▶ [EXTRACTED INFORMATION]
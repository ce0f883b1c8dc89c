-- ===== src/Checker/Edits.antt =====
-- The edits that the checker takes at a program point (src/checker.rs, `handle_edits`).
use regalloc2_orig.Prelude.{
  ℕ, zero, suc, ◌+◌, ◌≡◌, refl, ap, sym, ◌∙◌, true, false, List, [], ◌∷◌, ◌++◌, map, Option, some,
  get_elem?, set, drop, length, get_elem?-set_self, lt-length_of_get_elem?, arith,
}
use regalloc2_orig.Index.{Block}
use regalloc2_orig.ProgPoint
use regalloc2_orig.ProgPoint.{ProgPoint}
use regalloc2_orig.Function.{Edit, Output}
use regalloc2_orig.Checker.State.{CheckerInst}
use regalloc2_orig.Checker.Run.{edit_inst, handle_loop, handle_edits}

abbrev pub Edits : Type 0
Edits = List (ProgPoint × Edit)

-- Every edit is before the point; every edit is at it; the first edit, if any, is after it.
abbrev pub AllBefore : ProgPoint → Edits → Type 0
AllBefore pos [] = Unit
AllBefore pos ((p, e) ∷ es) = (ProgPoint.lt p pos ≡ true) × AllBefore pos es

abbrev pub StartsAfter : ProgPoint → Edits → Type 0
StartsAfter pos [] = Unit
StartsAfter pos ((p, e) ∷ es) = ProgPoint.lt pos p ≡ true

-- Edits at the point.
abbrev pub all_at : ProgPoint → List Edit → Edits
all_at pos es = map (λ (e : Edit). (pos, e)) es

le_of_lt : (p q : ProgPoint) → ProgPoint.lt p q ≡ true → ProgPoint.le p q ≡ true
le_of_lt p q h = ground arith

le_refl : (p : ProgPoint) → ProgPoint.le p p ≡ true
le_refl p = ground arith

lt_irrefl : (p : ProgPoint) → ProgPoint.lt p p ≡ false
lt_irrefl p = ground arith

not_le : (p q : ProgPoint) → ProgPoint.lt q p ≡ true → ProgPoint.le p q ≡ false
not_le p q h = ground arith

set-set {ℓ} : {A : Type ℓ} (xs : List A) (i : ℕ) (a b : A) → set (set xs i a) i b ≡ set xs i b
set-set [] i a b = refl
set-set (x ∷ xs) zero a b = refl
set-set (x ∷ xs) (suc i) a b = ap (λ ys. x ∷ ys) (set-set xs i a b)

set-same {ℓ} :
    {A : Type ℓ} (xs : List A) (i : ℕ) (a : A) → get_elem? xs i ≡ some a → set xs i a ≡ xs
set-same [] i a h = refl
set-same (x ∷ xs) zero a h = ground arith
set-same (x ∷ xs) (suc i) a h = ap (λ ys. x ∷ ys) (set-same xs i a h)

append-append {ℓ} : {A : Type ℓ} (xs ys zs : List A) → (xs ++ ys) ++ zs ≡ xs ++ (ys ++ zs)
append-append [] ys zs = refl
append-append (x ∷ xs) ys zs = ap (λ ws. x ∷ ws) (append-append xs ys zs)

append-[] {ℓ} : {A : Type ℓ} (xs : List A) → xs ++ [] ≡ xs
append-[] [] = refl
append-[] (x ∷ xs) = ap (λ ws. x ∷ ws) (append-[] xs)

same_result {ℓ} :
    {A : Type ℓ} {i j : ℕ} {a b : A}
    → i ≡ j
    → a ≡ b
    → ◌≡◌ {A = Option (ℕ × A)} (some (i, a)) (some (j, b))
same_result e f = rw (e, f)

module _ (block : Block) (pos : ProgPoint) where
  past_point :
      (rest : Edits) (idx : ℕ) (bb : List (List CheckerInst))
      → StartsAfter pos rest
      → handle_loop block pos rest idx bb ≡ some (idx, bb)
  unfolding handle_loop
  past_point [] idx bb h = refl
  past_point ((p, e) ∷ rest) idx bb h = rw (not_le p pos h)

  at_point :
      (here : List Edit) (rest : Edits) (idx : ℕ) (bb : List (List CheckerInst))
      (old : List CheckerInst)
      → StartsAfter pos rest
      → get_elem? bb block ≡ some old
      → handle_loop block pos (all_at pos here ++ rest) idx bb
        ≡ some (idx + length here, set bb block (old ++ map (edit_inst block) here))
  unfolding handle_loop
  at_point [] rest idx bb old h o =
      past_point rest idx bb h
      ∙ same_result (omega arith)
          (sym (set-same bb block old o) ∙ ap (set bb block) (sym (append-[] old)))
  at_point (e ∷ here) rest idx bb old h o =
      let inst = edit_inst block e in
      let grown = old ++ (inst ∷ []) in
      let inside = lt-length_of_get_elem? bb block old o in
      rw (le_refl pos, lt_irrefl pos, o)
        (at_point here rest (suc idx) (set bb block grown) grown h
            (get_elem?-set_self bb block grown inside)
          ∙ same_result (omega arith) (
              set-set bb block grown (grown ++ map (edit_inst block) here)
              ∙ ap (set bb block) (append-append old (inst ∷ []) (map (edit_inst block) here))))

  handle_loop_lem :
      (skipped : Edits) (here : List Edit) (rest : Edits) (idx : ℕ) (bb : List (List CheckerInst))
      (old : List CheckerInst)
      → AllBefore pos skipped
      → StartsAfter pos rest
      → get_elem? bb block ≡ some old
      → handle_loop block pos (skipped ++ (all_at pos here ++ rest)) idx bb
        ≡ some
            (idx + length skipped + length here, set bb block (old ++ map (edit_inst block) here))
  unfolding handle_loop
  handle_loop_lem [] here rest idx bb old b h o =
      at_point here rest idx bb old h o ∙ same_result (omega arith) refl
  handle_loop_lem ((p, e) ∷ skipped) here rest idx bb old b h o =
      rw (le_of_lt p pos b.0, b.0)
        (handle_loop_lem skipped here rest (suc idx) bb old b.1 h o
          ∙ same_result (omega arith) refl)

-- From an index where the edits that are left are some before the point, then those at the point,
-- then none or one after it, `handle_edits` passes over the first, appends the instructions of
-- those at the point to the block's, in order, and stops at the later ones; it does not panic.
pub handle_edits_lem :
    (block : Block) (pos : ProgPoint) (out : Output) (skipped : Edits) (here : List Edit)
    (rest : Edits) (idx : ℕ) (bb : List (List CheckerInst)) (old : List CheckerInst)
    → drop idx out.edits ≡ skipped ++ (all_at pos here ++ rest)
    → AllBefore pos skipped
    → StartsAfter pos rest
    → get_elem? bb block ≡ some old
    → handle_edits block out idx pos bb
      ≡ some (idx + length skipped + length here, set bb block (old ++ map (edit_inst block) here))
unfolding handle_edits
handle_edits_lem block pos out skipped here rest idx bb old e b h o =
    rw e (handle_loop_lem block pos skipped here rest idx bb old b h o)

---

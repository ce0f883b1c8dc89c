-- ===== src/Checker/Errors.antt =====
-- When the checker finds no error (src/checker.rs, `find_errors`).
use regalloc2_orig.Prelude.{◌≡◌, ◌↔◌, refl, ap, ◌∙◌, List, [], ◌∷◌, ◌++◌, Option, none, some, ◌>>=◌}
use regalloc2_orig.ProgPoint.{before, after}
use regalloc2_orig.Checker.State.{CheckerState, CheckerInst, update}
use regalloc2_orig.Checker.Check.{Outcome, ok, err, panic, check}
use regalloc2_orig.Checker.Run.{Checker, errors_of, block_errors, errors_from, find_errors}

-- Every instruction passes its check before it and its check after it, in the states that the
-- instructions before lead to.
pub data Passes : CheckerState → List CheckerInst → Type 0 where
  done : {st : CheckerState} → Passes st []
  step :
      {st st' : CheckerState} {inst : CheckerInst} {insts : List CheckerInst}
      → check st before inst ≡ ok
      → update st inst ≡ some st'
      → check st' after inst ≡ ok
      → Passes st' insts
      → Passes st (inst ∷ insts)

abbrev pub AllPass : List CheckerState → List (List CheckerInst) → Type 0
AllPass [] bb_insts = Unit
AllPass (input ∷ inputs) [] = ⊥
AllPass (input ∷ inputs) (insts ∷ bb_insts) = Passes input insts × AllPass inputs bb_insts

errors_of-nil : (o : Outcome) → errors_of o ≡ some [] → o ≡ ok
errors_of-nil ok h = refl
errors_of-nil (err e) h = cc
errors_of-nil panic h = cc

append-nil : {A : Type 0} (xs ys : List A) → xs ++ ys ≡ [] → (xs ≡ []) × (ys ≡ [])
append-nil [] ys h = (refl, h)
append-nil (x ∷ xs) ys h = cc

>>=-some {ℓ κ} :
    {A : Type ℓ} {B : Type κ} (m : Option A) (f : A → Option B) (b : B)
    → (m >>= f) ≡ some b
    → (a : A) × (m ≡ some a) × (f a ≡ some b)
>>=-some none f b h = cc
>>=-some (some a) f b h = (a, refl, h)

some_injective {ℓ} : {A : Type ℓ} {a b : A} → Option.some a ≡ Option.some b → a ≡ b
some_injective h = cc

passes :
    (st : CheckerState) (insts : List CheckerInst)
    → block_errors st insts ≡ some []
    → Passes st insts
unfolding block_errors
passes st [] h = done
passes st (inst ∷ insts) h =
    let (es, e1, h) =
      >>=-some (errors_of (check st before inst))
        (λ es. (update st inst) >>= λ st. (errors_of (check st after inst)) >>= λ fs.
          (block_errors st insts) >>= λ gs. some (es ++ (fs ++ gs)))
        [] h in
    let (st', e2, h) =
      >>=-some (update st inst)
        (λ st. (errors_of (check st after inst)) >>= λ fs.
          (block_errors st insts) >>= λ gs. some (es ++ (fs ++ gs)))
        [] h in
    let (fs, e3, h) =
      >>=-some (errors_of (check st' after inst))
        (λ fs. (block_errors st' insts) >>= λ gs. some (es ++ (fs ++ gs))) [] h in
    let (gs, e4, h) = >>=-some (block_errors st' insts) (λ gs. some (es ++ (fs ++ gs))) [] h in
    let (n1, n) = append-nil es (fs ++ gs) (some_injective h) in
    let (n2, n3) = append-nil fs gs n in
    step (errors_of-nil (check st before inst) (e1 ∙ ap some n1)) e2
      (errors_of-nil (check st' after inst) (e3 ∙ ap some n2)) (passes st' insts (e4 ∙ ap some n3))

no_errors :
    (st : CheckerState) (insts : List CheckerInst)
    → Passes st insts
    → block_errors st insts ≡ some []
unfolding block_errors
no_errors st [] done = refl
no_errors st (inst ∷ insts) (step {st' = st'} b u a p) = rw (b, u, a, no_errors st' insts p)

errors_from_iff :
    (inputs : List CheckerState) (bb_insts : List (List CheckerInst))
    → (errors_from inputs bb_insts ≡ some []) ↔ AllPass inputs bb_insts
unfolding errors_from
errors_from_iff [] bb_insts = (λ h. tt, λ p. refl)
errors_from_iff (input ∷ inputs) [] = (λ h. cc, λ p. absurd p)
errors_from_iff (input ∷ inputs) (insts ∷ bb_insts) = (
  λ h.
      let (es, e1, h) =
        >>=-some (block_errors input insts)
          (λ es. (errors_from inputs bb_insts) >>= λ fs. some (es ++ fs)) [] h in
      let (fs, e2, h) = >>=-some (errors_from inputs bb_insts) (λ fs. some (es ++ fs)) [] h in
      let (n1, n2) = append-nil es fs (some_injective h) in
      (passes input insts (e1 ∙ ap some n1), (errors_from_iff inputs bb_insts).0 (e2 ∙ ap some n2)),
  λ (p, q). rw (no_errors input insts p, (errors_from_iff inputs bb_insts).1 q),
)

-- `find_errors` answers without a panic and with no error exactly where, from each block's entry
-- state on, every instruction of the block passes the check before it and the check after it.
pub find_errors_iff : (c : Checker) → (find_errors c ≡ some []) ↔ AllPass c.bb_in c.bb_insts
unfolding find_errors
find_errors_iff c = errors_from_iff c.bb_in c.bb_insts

▶ [THE PROBLEM] An exact, complete copy of the lines above from the one with "set-same [] i a h = refl" through the one with "append-append (x ∷" is the whole answer.

▶ [OUTPUT FOR THIS TASK]
set-same [] i a h = refl
set-same (x ∷ xs) zero a h = ground arith
set-same (x ∷ xs) (suc i) a h = ap (λ ys. x ∷ ys) (set-same xs i a h)

append-append {ℓ} : {A : Type ℓ} (xs ys zs : List A) → (xs ++ ys) ++ zs ≡ xs ++ (ys ++ zs)
append-append [] ys zs = refl
append-append (x ∷ xs) ys zs = ap (λ ws. x ∷ ws) (append-append xs ys zs)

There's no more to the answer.